> **Problem requirements**:
Transcribe word for word the lines below from the line with "request = record" through the line with "gone = record", ends included.

> **Input for this task**:
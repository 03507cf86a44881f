-- ===== src/Control/Service/Tests.antt =====
-- engine/control/service.ts: a job that is let in, a request that is sent twice, a project that is
-- deleted, and a list that is read in pages.
use forge_ai.Prelude.{
  ℕ, ◌≡◌, refl, ap, arith, none, List, [], ◌∷◌, ◌++◌, ok, err, codes, keep, idempotency_conflict,
}
use forge_ai.Jobs.{
  job_schema, transition_schema, conflicts, allowed, edge_allowed, deadline_passed,
  apply_transition, transition_job,
}
use forge_ai.Control.Tables.{World, ProjectRow, Response, deleting_body, post_cancel}
use forge_ai.Control.Tx.{Tx, ◌>>◌, return, write, ok_pair}
use forge_ai.Control.State.{
  change_state, change_at, parse_review, request_of, next_job, expiry_differs, reserve_review,
  update_job, write_row, insert_review, change_events, append_event, enqueue, new_step,
  logical_fields, audit, flush_event_sequence,
}
use forge_ai.Control.Cleanup.{put_cleanup, stop_previews, revoke_tickets, cancel_steps}
use forge_ai.Control.Samples.{env, project, tables, world_of, row_of}
use forge_ai.Control.Service
use forge_ai.Control.Service.{cancel_locked, close_job}
use forge_ai.Control.Service.Admission.{
  JobInput, admit_job, lock_admission, check_source, reserve, new_job, enter, insert_job, book,
  open_reservation,
}
use forge_ai.Control.Service.Admission.Admitted.{Admitted, admit_job-Admitted}
use forge_ai.Control.Service.Idempotency.{idempotent, answer, run_recorded, record_is}
use forge_ai.Control.Service.Idempotency.Replay.{idempotent-again}
use forge_ai.Control.Service.Projects.{delete, cancel_each, close_project}
use forge_ai.Control.Service.Projects.Deleted.{Closed, delete-Closed}
use forge_ai.Control.Service.Pages.{page, project_id_of, in_order, is_after}
use forge_ai.Control.Service.Pages.Complete.{asked, page-asked}

abbrev request : JobInput
request = record {
  base_snapshot_id = none;
  base_revision = 1;
  max_cost_micros = 100;
  instruction = codes "Make a page that lists tasks";
}

abbrev idle : World
idle = record tables { jobs = []; steps = []; reservations = [] }

admit_job-Admitted_example :
    Admitted env 1 2 5 request none idle
      (row_of (admit_job env 1 2 5 request none idle))
      (world_of (admit_job env 1 2 5 request none idle))
unfolding admit_job lock_admission Service.project check_source reserve new_job enter insert_job
    book open_reservation append_event flush_event_sequence enqueue new_step audit
admit_job-Admitted_example =
    admit_job-Admitted env 1 2 5 request none idle
      (world_of (admit_job env 1 2 5 request none idle))
      (row_of (admit_job env 1 2 5 request none idle)) refl

abbrev gone : Response
gone = record { status = 202; body = deleting_body 2 }

abbrev drop_projects : Tx Response
drop_projects = write (λ w. record w { projects = [] }) >> return gone

drop_projects-records :
    (x y : World) (a : Response) → drop_projects x ≡ ok (a, y) → y.records ≡ x.records
drop_projects-records x y a e = ap (λ (w : World). w.records) (ok_pair e).1

abbrev key : List ℕ
key = codes "0123456789abcdef"

abbrev answered : World
answered = elim (idempotent env 1 5 (post_cancel 3) key 8 drop_projects tables) [
  | ok (r, w) ↦ w
  | err x ↦ tables
]

idempotent-again_example :
    idempotent env 1 5 (post_cancel 3) key 9 drop_projects answered ≡ err idempotency_conflict
unfolding idempotent answer run_recorded record_is
idempotent-again_example =
    idempotent-again env 1 5 (post_cancel 3) key 8 9 drop_projects drop_projects tables answered
      answered gone drop_projects-records refl refl refl

delete-Closed_example :
    Closed env 2 (elim (delete env 2 5 1 tables) [ ok (u, w) ↦ w | err x ↦ tables ])
unfolding delete Service.project cancel_each close_project cancel_locked close_job put_cleanup
    stop_previews revoke_tickets cancel_steps audit change_state change_at parse_review request_of
    next_job expiry_differs reserve_review update_job write_row insert_review change_events
    append_event enqueue new_step logical_fields transition_job job_schema transition_schema
    conflicts allowed edge_allowed deadline_passed apply_transition
delete-Closed_example =
    delete-Closed env 2 5 1 tables
      (elim (delete env 2 5 1 tables) [ ok (u, w) ↦ w | err x ↦ tables ]) refl

-- Three projects, out of order.
abbrev shelf : List ProjectRow
shelf = record project { id = 7 } ∷ record project { id = 2 } ∷ record project { id = 5 } ∷ []

page-asked_example :
    (page project_id_of none 2 shelf).items
      ++ asked project_id_of
          (page project_id_of none 2 shelf).next_cursor
          (in_order project_id_of shelf)
    ≡ keep (is_after project_id_of none) (in_order project_id_of shelf)
page-asked_example = page-asked project_id_of none 2 shelf (omega arith) refl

> **The completed task**:
request = record {
  base_snapshot_id = none;
  base_revision = 1;
  max_cost_micros = 100;
  instruction = codes "Make a page that lists tasks";
}

abbrev idle : World
idle = record tables { jobs = []; steps = []; reservations = [] }

admit_job-Admitted_example :
    Admitted env 1 2 5 request none idle
      (row_of (admit_job env 1 2 5 request none idle))
      (world_of (admit_job env 1 2 5 request none idle))
unfolding admit_job lock_admission Service.project check_source reserve new_job enter insert_job
    book open_reservation append_event flush_event_sequence enqueue new_step audit
admit_job-Admitted_example =
    admit_job-Admitted env 1 2 5 request none idle
      (world_of (admit_job env 1 2 5 request none idle))
      (row_of (admit_job env 1 2 5 request none idle)) refl

abbrev gone : Response
gone = record { status = 202; body = deleting_body 2 }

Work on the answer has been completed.